-- ===== src/Shared/Names.antt =====
-- The value objects whose one field is a text, by that text (name.py, short_name.py,
-- attribute_key.py, slug.py, email.py and iana_timezone.py of app/domain/shared/value_objects).
-- `create` normalises the text, refuses it with the code that `_validate` finds, or keeps it.
pub mod Stored
use Prim.Native.Char.{code}
use venue_backend.Common.{
  ℕ, String, Bool, true, false, not, ◌&&◌, ◌||◌, Option, none, some, ltb, leb, ◌==◌, if◌then◌else◌,
}
use venue_backend.Shared.Result.{Result, success}
use venue_backend.Shared.Text.{size, is_blank, every, strip}
use venue_backend.Shared.Text.Case.{is_upper, lower}
use venue_backend.Shared.Values.{Raw, null, text, fail_with}

-- `if err: return Result.failure(err)`, and else the value.
abbrev pub unless_error : {A : Type 0} → Option String → A → Result A
unless_error none a = success a
unless_error (some e) a = fail_with e

-- Classes of the regular expressions, and `ord(ch) < 0x20`.
abbrev pub is_lower : ℕ → Bool
is_lower c = leb 97 c && leb c 122

abbrev pub is_digit : ℕ → Bool
is_digit c = leb 48 c && leb c 57

abbrev pub is_letter : ℕ → Bool
is_letter c = is_lower c || is_upper c

abbrev pub is_printable : ℕ → Bool
is_printable c = leb 32 c

-- name.py
abbrev pub name_error : String → Option String
name_error s =
    if is_blank s
    then some "NameCannotBeEmpty"
    else if ltb 500 (size s)
    then some "NameCannotBeGreaterThanMaxLength"
    else if not (every is_printable s)
    then some "NameContainsInvalidCharacters"
    else none

unfoldable pub create_name : Raw → Result String
create_name (text s) = unless_error (name_error (strip s)) (strip s)
create_name _ = fail_with "NameCannotBeEmpty"

-- short_name.py
abbrev pub short_name_error : String → Option String
short_name_error s =
    if is_blank s
    then some "ShortNameCannotBeEmpty"
    else if ltb 40 (size s)
    then some "ShortNameCannotBeGreaterThanMaxLength"
    else if not (every is_printable s)
    then some "ShortNameContainsInvalidCharacters"
    else none

unfoldable pub create_short_name : Raw → Result String
create_short_name (text s) = unless_error (short_name_error (strip s)) (strip s)
create_short_name _ = fail_with "ShortNameCannotBeEmpty"

-- `^[a-z][a-z0-9_]*$`, of a text that ends in no line feed.
abbrev pub is_key : String → Bool
is_key String.[] = false
is_key (String.◌∷◌ c s) = is_lower (code c) && every (λ d. is_lower d || is_digit d || d == b'_') s

-- attribute_key.py
abbrev pub key_error : String → Option String
key_error s =
    if is_blank s
    then some "AttributeKeyCannotBeEmpty"
    else if ltb 50 (size s)
    then some "AttributeKeyCannotBeGreaterThanMaxLength"
    else if not (is_key s)
    then some "AttributeKeyInvalidFormat"
    else none

unfoldable pub create_key : Raw → Result String
create_key (text s) = unless_error (key_error (strip s)) (strip s)
create_key _ = fail_with "AttributeKeyCannotBeEmpty"

-- `_DOUBLE_DASH_RE.search`, where the text before ended in a dash or did not.
abbrev pub double_dash_after : Bool → String → Bool
double_dash_after dash String.[] = false
double_dash_after dash (String.◌∷◌ c s) =
    (dash && code c == b'-') || double_dash_after (code c == b'-') s

unfoldable pub has_double_dash : String → Bool
has_double_dash = double_dash_after false

-- `[a-z0-9-]*[a-z0-9]$`
abbrev pub is_slug_end : String → Bool
is_slug_end String.[] = false
is_slug_end (String.◌∷◌ c s) =
    ((is_lower (code c) || is_digit (code c)) && is_blank s)
    || ((is_lower (code c) || is_digit (code c) || code c == b'-') && is_slug_end s)

-- `^[a-z][a-z0-9-]*[a-z0-9]$`
abbrev pub is_slug : String → Bool
is_slug String.[] = false
is_slug (String.◌∷◌ c s) = is_lower (code c) && is_slug_end s

-- slug.py
abbrev pub slug_error : String → Option String
slug_error s =
    if is_blank s
    then some "SlugCannotBeEmpty"
    else if ltb 80 (size s)
    then some "SlugCannotBeGreaterThanMaxLength"
    else if ltb (size s) 2
    then some "SlugInvalidFormat"
    else if has_double_dash s
    then some "SlugInvalidFormat"
    else if not (is_slug s)
    then some "SlugInvalidFormat"
    else none

unfoldable pub create_slug : Raw → Result String
create_slug (text s) = unless_error (slug_error (lower (strip s))) (lower (strip s))
create_slug _ = fail_with "SlugCannotBeEmpty"

-- The classes of `_EMAIL_RE`.
abbrev pub is_local : ℕ → Bool
is_local c =
    is_letter c || is_digit c || c == b'.' || c == b'_' || c == b'%' || c == b'+' || c == b'-'

abbrev pub is_domain : ℕ → Bool
is_domain c = is_letter c || is_digit c || c == b'.' || c == b'-'

-- `[A-Za-z]{2,}$`
abbrev pub is_top : String → Bool
is_top s = leb 2 (size s) && every is_letter s

-- `[A-Za-z0-9.-]*\.[A-Za-z]{2,}$`
abbrev pub is_host_end : String → Bool
is_host_end String.[] = false
is_host_end (String.◌∷◌ c s) = (code c == b'.' && is_top s) || (is_domain (code c) && is_host_end s)

-- `[A-Za-z0-9.-]+\.[A-Za-z]{2,}$`
abbrev pub is_host : String → Bool
is_host String.[] = false
is_host (String.◌∷◌ c s) = is_domain (code c) && is_host_end s

-- `[A-Za-z0-9._%+-]*@[A-Za-z0-9.-]+\.[A-Za-z]{2,}$`
abbrev pub is_email_end : String → Bool
is_email_end String.[] = false
is_email_end (String.◌∷◌ c s) =
    (code c == b'@' && is_host s) || (is_local (code c) && is_email_end s)

-- `_EMAIL_RE`
abbrev pub is_email : String → Bool
is_email String.[] = false
is_email (String.◌∷◌ c s) = is_local (code c) && is_email_end s

-- email.py
abbrev pub email_error : String → Option String
email_error s =
    if is_blank s
    then some "EmailCannotBeEmpty"
    else if ltb 254 (size s)
    then some "EmailCannotBeGreaterThanMaxLength"
    else if not (is_email s)
    then some "EmailInvalidFormat"
    else none

unfoldable pub create_email : Raw → Result String
create_email (text s) = unless_error (email_error (lower (strip s))) (lower (strip s))
create_email _ = fail_with "EmailCannotBeEmpty"

-- iana_timezone.py; `available` is the membership in `available_timezones()` of the machine.
abbrev pub timezone_error : (String → Bool) → String → Option String
timezone_error available s =
    if is_blank s
    then some "IanaTimezoneCannotBeEmpty"
    else if not (available s)
    then some "IanaTimezoneUnknown"
    else none

unfoldable pub create_timezone : (String → Bool) → Raw → Result String
create_timezone available (text s) = unless_error (timezone_error available (strip s)) (strip s)
create_timezone available _ = fail_with "IanaTimezoneCannotBeEmpty"

abbrev pub option_of : {A : Type 0} → Result A → Result (Option A)
option_of (success a) = success (some a)
option_of (Result.failed e) = Result.failed e

-- `create_if_not_empty` of the classes that have it.
unfoldable pub create_if_not_empty : {A : Type 0} → (Raw → Result A) → Raw → Result (Option A)
create_if_not_empty create null = success none
create_if_not_empty create (text s) =
    if is_blank (strip s) then success none else option_of (create (text s))
create_if_not_empty create raw = option_of (create raw)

========

• Task prompt
State how many lines of the listing hold the string "every"; reply with the number and nothing else.

• Output of the exercise
5